═════ EXCERPTED RECORDS ═════

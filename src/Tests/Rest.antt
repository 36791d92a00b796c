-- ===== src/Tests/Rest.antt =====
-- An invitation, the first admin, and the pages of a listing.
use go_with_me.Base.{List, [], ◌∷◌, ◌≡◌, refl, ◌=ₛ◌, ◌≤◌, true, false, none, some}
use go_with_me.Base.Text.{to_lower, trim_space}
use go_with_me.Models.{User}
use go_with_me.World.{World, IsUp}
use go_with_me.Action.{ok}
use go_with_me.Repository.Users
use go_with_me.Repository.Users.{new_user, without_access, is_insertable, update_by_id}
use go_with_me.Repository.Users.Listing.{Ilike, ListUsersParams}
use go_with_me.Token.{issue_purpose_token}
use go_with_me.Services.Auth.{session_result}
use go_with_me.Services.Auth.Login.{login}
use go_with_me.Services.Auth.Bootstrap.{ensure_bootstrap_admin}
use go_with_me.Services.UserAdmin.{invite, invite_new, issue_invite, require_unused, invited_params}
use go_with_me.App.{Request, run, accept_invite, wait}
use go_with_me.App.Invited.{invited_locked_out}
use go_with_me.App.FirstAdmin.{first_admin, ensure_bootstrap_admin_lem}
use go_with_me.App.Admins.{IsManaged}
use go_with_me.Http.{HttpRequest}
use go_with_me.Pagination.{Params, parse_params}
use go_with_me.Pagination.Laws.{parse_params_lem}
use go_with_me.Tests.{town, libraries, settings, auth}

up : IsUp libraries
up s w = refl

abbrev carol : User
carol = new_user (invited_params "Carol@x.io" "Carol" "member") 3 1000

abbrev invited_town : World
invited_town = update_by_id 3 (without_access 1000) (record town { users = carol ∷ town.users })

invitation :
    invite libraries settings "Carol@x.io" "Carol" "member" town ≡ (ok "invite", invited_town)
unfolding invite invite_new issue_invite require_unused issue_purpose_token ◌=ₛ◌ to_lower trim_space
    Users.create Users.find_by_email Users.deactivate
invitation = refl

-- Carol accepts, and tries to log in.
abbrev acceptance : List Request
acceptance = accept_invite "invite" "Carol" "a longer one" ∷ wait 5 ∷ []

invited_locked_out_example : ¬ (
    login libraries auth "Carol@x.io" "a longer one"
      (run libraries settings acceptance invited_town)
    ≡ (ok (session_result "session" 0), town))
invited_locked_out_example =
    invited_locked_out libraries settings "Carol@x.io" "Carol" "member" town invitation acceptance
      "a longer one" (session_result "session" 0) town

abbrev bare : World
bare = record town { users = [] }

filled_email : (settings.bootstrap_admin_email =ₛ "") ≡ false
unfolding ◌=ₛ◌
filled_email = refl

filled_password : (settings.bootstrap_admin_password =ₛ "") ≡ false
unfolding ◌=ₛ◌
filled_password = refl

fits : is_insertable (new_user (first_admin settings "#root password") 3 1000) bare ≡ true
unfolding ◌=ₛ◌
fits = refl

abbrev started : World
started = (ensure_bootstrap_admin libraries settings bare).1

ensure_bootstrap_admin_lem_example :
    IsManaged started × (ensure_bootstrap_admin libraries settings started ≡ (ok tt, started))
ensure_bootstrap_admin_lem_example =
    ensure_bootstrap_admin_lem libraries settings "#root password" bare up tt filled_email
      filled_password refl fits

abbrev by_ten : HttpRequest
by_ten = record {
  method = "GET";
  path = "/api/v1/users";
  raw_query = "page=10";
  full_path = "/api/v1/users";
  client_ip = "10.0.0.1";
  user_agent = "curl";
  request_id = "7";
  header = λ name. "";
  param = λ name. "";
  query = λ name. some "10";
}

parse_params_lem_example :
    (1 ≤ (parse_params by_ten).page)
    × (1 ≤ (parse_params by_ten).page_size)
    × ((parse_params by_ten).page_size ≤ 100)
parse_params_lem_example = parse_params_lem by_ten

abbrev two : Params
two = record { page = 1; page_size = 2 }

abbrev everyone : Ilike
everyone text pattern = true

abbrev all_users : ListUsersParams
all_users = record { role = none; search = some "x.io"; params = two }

═════
═════ EXCERPTED RECORDS ═════

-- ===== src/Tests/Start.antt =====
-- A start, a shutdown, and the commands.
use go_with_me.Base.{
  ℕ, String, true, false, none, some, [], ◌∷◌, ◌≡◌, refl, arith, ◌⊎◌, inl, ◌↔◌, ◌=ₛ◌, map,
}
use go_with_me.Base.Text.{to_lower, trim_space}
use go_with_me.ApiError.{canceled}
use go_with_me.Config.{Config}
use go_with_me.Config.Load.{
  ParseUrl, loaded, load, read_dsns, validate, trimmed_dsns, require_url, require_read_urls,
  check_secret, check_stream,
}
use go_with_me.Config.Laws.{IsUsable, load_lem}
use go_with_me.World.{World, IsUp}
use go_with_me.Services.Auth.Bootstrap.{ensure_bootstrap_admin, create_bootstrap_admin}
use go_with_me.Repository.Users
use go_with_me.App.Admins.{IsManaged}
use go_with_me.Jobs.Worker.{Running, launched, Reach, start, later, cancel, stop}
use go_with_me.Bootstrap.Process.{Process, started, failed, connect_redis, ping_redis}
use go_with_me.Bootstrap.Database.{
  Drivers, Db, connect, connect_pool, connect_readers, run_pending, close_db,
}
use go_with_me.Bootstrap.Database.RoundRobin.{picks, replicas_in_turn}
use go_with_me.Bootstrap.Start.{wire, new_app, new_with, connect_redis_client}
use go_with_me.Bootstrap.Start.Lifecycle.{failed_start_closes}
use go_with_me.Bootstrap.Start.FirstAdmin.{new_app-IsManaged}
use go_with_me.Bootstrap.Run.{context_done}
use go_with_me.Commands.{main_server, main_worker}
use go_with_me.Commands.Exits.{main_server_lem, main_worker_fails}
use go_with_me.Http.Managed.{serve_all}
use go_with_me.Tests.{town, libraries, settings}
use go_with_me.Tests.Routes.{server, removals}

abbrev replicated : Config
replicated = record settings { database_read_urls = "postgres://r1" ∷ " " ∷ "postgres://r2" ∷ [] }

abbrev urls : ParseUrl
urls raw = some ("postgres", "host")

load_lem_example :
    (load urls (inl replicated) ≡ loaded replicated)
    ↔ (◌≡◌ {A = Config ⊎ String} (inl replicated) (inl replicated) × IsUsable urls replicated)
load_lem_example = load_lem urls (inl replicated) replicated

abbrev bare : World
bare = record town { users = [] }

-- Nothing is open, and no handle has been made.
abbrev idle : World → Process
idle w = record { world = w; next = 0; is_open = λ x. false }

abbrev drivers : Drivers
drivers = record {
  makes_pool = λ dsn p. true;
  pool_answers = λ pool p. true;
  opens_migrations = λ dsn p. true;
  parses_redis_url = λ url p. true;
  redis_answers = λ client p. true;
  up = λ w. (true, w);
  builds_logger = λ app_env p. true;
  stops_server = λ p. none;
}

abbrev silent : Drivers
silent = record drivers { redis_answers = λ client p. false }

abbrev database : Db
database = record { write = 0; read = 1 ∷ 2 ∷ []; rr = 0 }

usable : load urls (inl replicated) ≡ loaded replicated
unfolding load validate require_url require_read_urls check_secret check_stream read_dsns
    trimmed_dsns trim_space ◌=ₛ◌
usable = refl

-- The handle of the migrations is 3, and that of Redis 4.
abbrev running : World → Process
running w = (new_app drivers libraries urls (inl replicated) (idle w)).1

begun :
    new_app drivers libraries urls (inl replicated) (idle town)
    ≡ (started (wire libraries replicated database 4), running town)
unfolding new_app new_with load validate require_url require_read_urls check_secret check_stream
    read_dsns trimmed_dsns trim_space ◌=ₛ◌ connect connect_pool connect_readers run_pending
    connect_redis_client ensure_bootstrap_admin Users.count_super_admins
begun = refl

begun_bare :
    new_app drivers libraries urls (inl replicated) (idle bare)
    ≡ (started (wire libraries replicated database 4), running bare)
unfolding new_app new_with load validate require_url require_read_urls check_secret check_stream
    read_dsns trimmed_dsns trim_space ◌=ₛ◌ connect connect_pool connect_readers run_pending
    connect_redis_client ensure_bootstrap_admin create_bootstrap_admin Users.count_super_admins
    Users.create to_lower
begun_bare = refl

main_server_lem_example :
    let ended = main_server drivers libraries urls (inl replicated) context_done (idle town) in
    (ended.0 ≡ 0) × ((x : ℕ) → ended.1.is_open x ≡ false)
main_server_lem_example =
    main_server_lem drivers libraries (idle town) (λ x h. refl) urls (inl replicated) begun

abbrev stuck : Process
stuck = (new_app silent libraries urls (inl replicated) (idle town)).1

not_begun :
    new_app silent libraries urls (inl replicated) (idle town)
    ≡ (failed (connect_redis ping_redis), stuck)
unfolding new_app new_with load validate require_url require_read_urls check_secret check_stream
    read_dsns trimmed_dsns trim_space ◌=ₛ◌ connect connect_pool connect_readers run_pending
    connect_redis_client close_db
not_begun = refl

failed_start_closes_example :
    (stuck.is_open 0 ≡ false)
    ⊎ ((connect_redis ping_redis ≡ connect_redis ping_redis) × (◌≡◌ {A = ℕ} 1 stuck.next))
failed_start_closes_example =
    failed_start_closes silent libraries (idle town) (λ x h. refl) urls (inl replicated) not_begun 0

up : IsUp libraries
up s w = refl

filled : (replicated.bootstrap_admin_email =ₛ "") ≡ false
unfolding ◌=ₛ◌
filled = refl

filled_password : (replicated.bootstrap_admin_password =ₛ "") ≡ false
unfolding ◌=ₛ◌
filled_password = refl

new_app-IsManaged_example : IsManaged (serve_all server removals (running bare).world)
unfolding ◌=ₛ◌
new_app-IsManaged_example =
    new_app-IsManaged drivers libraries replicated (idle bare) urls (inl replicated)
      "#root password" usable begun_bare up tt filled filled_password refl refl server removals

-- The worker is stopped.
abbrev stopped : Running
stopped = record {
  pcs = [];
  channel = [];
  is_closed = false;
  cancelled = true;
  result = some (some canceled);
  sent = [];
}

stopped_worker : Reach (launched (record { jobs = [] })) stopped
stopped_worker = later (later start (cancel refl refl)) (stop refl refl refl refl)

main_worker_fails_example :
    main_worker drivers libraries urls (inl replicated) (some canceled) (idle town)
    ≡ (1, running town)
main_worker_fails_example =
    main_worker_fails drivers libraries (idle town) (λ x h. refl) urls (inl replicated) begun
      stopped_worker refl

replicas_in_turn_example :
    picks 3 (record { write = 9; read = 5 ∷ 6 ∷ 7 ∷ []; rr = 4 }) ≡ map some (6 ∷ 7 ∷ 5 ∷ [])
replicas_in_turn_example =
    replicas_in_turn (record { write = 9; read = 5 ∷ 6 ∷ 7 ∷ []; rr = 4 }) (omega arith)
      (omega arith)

═════
═════ EXCERPTED RECORDS ═════

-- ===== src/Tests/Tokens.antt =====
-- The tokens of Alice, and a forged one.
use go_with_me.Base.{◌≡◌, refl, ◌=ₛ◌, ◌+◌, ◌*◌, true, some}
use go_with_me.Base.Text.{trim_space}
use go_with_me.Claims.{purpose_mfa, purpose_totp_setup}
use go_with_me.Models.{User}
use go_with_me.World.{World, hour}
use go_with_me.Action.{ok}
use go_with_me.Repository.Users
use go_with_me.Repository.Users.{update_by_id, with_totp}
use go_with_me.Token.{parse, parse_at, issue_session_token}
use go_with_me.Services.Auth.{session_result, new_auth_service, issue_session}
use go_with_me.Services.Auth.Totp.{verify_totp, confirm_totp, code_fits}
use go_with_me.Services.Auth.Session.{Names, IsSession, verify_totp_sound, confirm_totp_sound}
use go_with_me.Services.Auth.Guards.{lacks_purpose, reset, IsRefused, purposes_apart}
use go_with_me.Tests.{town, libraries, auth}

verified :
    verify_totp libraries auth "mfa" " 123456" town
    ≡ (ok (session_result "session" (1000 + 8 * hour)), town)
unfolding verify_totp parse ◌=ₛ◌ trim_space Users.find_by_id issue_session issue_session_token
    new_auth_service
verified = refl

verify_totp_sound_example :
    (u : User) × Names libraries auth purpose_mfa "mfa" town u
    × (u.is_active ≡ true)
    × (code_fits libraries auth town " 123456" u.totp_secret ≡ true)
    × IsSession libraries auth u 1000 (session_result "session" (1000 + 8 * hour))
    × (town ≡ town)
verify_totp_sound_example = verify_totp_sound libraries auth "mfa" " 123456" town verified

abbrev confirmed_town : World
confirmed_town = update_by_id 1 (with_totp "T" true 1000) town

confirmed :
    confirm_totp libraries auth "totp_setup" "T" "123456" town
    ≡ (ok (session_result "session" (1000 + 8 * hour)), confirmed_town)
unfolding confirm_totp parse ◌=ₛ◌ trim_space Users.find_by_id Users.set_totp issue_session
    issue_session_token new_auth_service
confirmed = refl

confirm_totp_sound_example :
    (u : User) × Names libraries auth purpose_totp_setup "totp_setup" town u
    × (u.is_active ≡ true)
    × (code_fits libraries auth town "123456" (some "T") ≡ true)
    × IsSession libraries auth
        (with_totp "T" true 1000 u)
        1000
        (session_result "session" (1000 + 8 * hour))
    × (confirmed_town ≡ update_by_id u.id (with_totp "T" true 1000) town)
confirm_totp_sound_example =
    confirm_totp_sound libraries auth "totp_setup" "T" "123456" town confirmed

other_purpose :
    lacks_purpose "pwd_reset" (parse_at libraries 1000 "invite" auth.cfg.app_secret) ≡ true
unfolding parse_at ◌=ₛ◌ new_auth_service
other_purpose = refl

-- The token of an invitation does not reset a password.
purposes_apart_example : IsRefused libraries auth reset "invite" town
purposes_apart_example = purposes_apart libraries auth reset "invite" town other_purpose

═════

= WHAT YOU ARE ASKED TO DO =
From the records above, return each line where "login" occurs.

= RESULT BELOW =
use go_with_me.Services.Auth.Login.{login}
    login libraries auth "Carol@x.io" "a longer one"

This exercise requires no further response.